This ruling coincided with what many described as a "government-backed media
campaign" against news websites, whose criticism of government policies and
increasing influence among Jordanians seemed to have become intolerable among
thin-skinned, high-ranking officials._

The law makes it a punishable offense to post anything to a website, blog,
chat, or otherwise publish via digital means anything that will "inspire lack
of confidence" in Jordan, it's economy, or the King. It is so vaguely worded
that people have been imprisoned on it from posting political activism to
simply swearing at the King.

The thing about Jordan is that it's suffering from a combination of factors
that make it seem like paradise. Western Media is heavily relied on to make
that things are nice, the King is considered to be a "kindred soul who once
acted on Star Trek" (when he was considered to be the black sheep prince and
not even a remote candidate for the throne). Jordan is a very important
strategic ally for the USA in the region, and only the second country Middle
East nation to acknowledge Israel - perhaps even more important than Egypt
because it plays host to a 60% Palestinian population.

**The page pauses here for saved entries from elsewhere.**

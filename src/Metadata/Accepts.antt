-- ===== src/Metadata/Accepts.antt =====
-- ParseArrayMetadata of src/zarr/array_metadata.cc: what holds of the metadata that it accepts.
use carta_zarr.Base.{
  ℕ, ◌≡◌, refl, true, List, [], some, String, Result, ok, err, Bool-cases, Option-cases,
  Result-cases, inl, inr, length, ◌⊎◌,
}
use carta_zarr.Json.{View, object_of}
use carta_zarr.Metadata.{ArrayMetadata}
use carta_zarr.Metadata.Codecs.{FoundCodec, find_codec, codec_names_are_strings}
use carta_zarr.Metadata.Named.{IsSearched, none_found, one_found, find_codec-IsSearched}
use carta_zarr.Metadata.Parse.{
  parse_array_metadata, take_members, check_codecs, transposes_hold, check_sharding, are_unique,
  invalid,
}
use carta_zarr.Metadata.Members.{IsExtent, take_members-ok}

module _ {J : Type 0} (view : J → View J) where
  -- The chunk shape has the rank of the array's shape and no extent of zero; the dimensions have no name
  -- or one each, all different; and the codecs are what the layout is read out of.
  pub record IsAccepted (metadata : ArrayMetadata J) : Type 0 where
    pub chunks : IsExtent (length metadata.shape) metadata.chunk_shape
    pub names :
        (metadata.dimension_names ≡ [])
        ⊎ ((length metadata.dimension_names ≡ length metadata.shape)
            × (are_unique metadata.dimension_names ≡ true))
    pub named : codec_names_are_strings view metadata.codecs ≡ true
    pub transposes : transposes_hold view (length metadata.shape) metadata.codecs ≡ true
    pub sharding :
        (node : String) × (check_sharding view
            (find_codec view metadata.codecs "sharding_indexed")
            (length metadata.shape)
            node
          ≡ some (ok tt))

  check_sharding-some :
      {codecs : List J} {f : FoundCodec J} (rank : ℕ) (node : String)
      → IsSearched view rank codecs f
      → (r : Result (Unit {0})) × (check_sharding view f rank node ≡ some r)
  unfolding check_sharding
  check_sharding-some rank node none_found = (ok tt, refl)
  check_sharding-some rank node (one_found before members h) = (_, refl)

  -- What the check of the sharding codec leaves to be accepted.
  check_codecs-IsAccepted :
      (given m : ArrayMetadata J) (node : String)
      → IsExtent (length given.shape) given.chunk_shape
      → ((given.dimension_names ≡ [])
          ⊎ ((length given.dimension_names ≡ length given.shape)
              × (are_unique given.dimension_names ≡ true)))
      → codec_names_are_strings view given.codecs ≡ true
      → check_codecs view given node ≡ some (ok m)
      → IsAccepted m
  unfolding check_codecs
  check_codecs-IsAccepted given m node chunks names named e =
      elim (Bool-cases (transposes_hold view (length given.shape) given.codecs)) [
        | inr f ↦ absurd (let bad = (rw (f, invalid) at e) in cc)
        | inl f ↦
            elim (Option-cases (
              check_sharding view (find_codec view given.codecs "sharding_indexed")
                (length given.shape) node)) [
                  | inl g ↦ absurd (let bad = (rw (f, g) at e) in cc)
                  | inr (err x, g) ↦ absurd (let bad = (rw (f, g) at e) in cc)
                  | inr (ok tt, g) ↦
                      let one : given ≡ m = (let same = (rw (f, g) at e) in cc) in
                      rw (← one) (record {
                        chunks = chunks;
                        names = names;
                        named = named;
                        transposes = f;
                        sharding = (node, g);
                      })
                ]
      ]

  -- What ParseArrayMetadata accepts passes its checks; what they are worth is WellFormed's.
  pub parse_array_metadata-IsAccepted :
      (j : J) (node : String) (m : ArrayMetadata J)
      → parse_array_metadata view j node ≡ some (ok m)
      → IsAccepted m
  unfolding parse_array_metadata
  parse_array_metadata-IsAccepted j node m e = elim (Option-cases (object_of view j)) [
    | inl f ↦ absurd (let bad = (rw (f, invalid, parse_array_metadata) at e) in cc)
    | inr (doc, f) ↦ elim (Result-cases (take_members view doc node)) [
      | inr (x, g) ↦ absurd (let bad = (rw (f, g, parse_array_metadata) at e) in cc)
      | inl (given, g) ↦
          let (chunks, names, named) = take_members-ok view doc node given g in
          check_codecs-IsAccepted given m node chunks names named
            (rw (f, g, parse_array_metadata) at e)
    ]
  ]

  check_codecs-some :
      (given : ArrayMetadata J) (node : String)
      → codec_names_are_strings view given.codecs ≡ true
      → (r : Result (ArrayMetadata J)) × (check_codecs view given node ≡ some r)
  unfolding check_codecs
  check_codecs-some given node named =
      elim (Bool-cases (transposes_hold view (length given.shape) given.codecs)) [
        | inr f ↦ rw f (_, refl)
        | inl f ↦
            let (r, g) = check_sharding-some (length given.shape) node (
              find_codec-IsSearched view (length given.shape) given.codecs "sharding_indexed"
                named) in
            rw (f, g) (_, refl)
      ]

  -- ParseArrayMetadata looks up no codec by a name that would throw: it returns the metadata or an error,
  -- whatever the document is.
  pub parse_array_metadata-some :
      (j : J) (node : String)
      → (r : Result (ArrayMetadata J)) × (parse_array_metadata view j node ≡ some r)
  unfolding parse_array_metadata
  parse_array_metadata-some j node = elim (Option-cases (object_of view j)) [
    | inl f ↦ rw (f, parse_array_metadata) (_, refl)
    | inr (doc, f) ↦ elim (Result-cases (take_members view doc node)) [
      | inr (x, g) ↦ rw (f, g, parse_array_metadata) (_, refl)
      | inl (given, g) ↦
          let (chunks, names, named) = take_members-ok view doc node given g in
          let (r, h) = check_codecs-some given node named in
          rw (f, g, h, parse_array_metadata) (r, refl)
    ]
  ]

In Jordan, the average monthly income is about 350 USD. Gas is $4.50 a gallon
though, and anything other than traditional falafel (some sort of vegetable
burger) or shawarmah (gyros) is much more expensive than in the States. Sales
tax has been raised to 28% on any electronics or telecommunication, cars are
taxed at 80%, income tax is at 16% and general sales tax another 16%. Does
that change the public perception?

------
bioh42_2
I would have thought their government would have been intelligent enough to go
for a slow changes over lots of time and no killing protesters. I guess not. I
wonder if the king will survive and/or throw the rest of the government under
the buss in an attempt to survive?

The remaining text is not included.